Records from a data collection
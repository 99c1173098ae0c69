-- ===== src/RtmpServer/Amf.antt =====
-- AMF0 values: the amf_encode_ and amf_decode_ functions of
-- src/modules/rtmp_server/rtmp_server.c.
--
-- A double is the number that its 64 bits make. The rest of a buffer stands for the offset in it,
-- and what an encoder puts in its buffer is its result. Allocations succeed.
pub mod RoundTrip
pub mod Fuel
use mathlib.Core.Option
use strero.Prelude.{
  ℕ, zero, suc, ◌+◌, ◌*◌, ◌/◌, ◌%◌, ◌^◌, Bool, true, false, Option, none, some, List, [], ◌∷◌, ◌++◌,
  ltb, ◌==◌, if◌then◌else◌, length, take, drop, get_or, Bytes, has_prefix, not,
}
use strero.RtmpServer.{be16, be32, read_be32}

-- amf_value_t, as far as the decoder makes it: a boolean, null, undefined, and so on.
mutual
  pub data Value : Type 0 where
    number : ℕ → Value
    boolean : Bool → Value
    text : Bytes → Value
    null : Value
    undefined : Value
    object : Properties → Value

  -- amf_property_t
  pub data Properties : Type 0 where
    end : Properties
    property : Bytes → Value → Properties → Properties

unfoldable pub amf_encode_number : ℕ → Bytes
amf_encode_number n = 0 ∷ (be32 (n / 4294967296) ++ be32 n)

unfoldable pub amf_encode_boolean : Bool → Bytes
amf_encode_boolean b = 1 ∷ (if b then 1 else 0) ∷ []

unfoldable pub amf_encode_null : Bytes
amf_encode_null = 5 ∷ []

-- The length is an uint16_t: a longer string is cut to its length modulo 2^16.
unfoldable pub amf_encode_string : Option Bytes → Bytes
amf_encode_string none = amf_encode_null
amf_encode_string (some s) = 2 ∷ (be16 (length s) ++ take (length s % 65536) s)

unfoldable pub amf_encode_object_start : Bytes
amf_encode_object_start = 3 ∷ []

unfoldable pub amf_encode_object_end : Bytes
amf_encode_object_end = 0 ∷ 0 ∷ 9 ∷ []

-- A string behind its length.
unfoldable pub amf_decode_string : Bytes → Option (Bytes × Bytes)
amf_decode_string [] = none
amf_decode_string (a ∷ []) = none
amf_decode_string (a ∷ b ∷ rest) =
    if ltb (length rest) (a * 256 + b)
    then none
    else some (take (a * 256 + b) rest, drop (a * 256 + b) rest)

unfoldable pub decode_number : Bytes → Option (Value × Bytes)
decode_number bytes =
    if ltb (length bytes) 8
    then none
    else some (number (read_be32 bytes 0 * 4294967296 + read_be32 bytes 4), drop 8 bytes)

unfoldable pub decode_boolean : Bytes → Option (Value × Bytes)
decode_boolean [] = none
decode_boolean (b ∷ rest) = some (boolean (not (b == 0)), rest)

-- A value that is no object, behind its type.
unfoldable pub decode_scalar : ℕ → Bytes → Option (Value × Bytes)
decode_scalar type bytes =
    if type == 0
    then decode_number bytes
    else if type == 1
    then decode_boolean bytes
    else if type == 2
    then Option.map (λ s. (text s.0, s.1)) (amf_decode_string bytes)
    else if type == 5
    then some (null, bytes)
    else if type == 6
    then some (undefined, bytes)
    else none

-- `none` is -1. The first argument bounds the calls within one another; as many as the buffer has
-- bytes are enough.
unfoldable mutual
  pub amf_decode_value : ℕ → Bytes → Option (Value × Bytes)
  amf_decode_value rounds [] = none
  amf_decode_value zero (type ∷ bytes) = none
  amf_decode_value (suc rounds) (type ∷ bytes) = elim (type == 3) [
    | true ↦ Option.map (λ o. (object o.0, o.1)) (amf_decode_object rounds bytes)
    | false ↦ decode_scalar type bytes
  ]

  -- An object ends with its marker or with the buffer.
  pub amf_decode_object : ℕ → Bytes → Option (Properties × Bytes)
  amf_decode_object rounds [] = some (end, [])
  amf_decode_object zero (b ∷ bytes) = none
  amf_decode_object (suc rounds) (b ∷ bytes) = elim (has_prefix (0 ∷ 0 ∷ 9 ∷ []) (b ∷ bytes)) [
    | true ↦ some (end, drop 3 (b ∷ bytes))
    | false ↦ Option.bind (amf_decode_string (b ∷ bytes)) (λ name.
        Option.bind (amf_decode_value rounds name.1) (λ value.
          Option.map (λ later. (property name.0 value.0 later.0, later.1))
            (amf_decode_object rounds value.1)))
  ]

-- Directions --
In the entries above, the lines between the one holding "amf_encode_null = 5 ∷ []" and the one holding "else some (number", inclusive, are to be printed exactly as written, and those alone.

-- Written response --
amf_encode_null = 5 ∷ []

-- The length is an uint16_t: a longer string is cut to its length modulo 2^16.
unfoldable pub amf_encode_string : Option Bytes → Bytes
amf_encode_string none = amf_encode_null
amf_encode_string (some s) = 2 ∷ (be16 (length s) ++ take (length s % 65536) s)

unfoldable pub amf_encode_object_start : Bytes
amf_encode_object_start = 3 ∷ []

unfoldable pub amf_encode_object_end : Bytes
amf_encode_object_end = 0 ∷ 0 ∷ 9 ∷ []

-- A string behind its length.
unfoldable pub amf_decode_string : Bytes → Option (Bytes × Bytes)
amf_decode_string [] = none
amf_decode_string (a ∷ []) = none
amf_decode_string (a ∷ b ∷ rest) =
    if ltb (length rest) (a * 256 + b)
    then none
    else some (take (a * 256 + b) rest, drop (a * 256 + b) rest)

unfoldable pub decode_number : Bytes → Option (Value × Bytes)
decode_number bytes =
    if ltb (length bytes) 8
    then none
    else some (number (read_be32 bytes 0 * 4294967296 + read_be32 bytes 4), drop 8 bytes)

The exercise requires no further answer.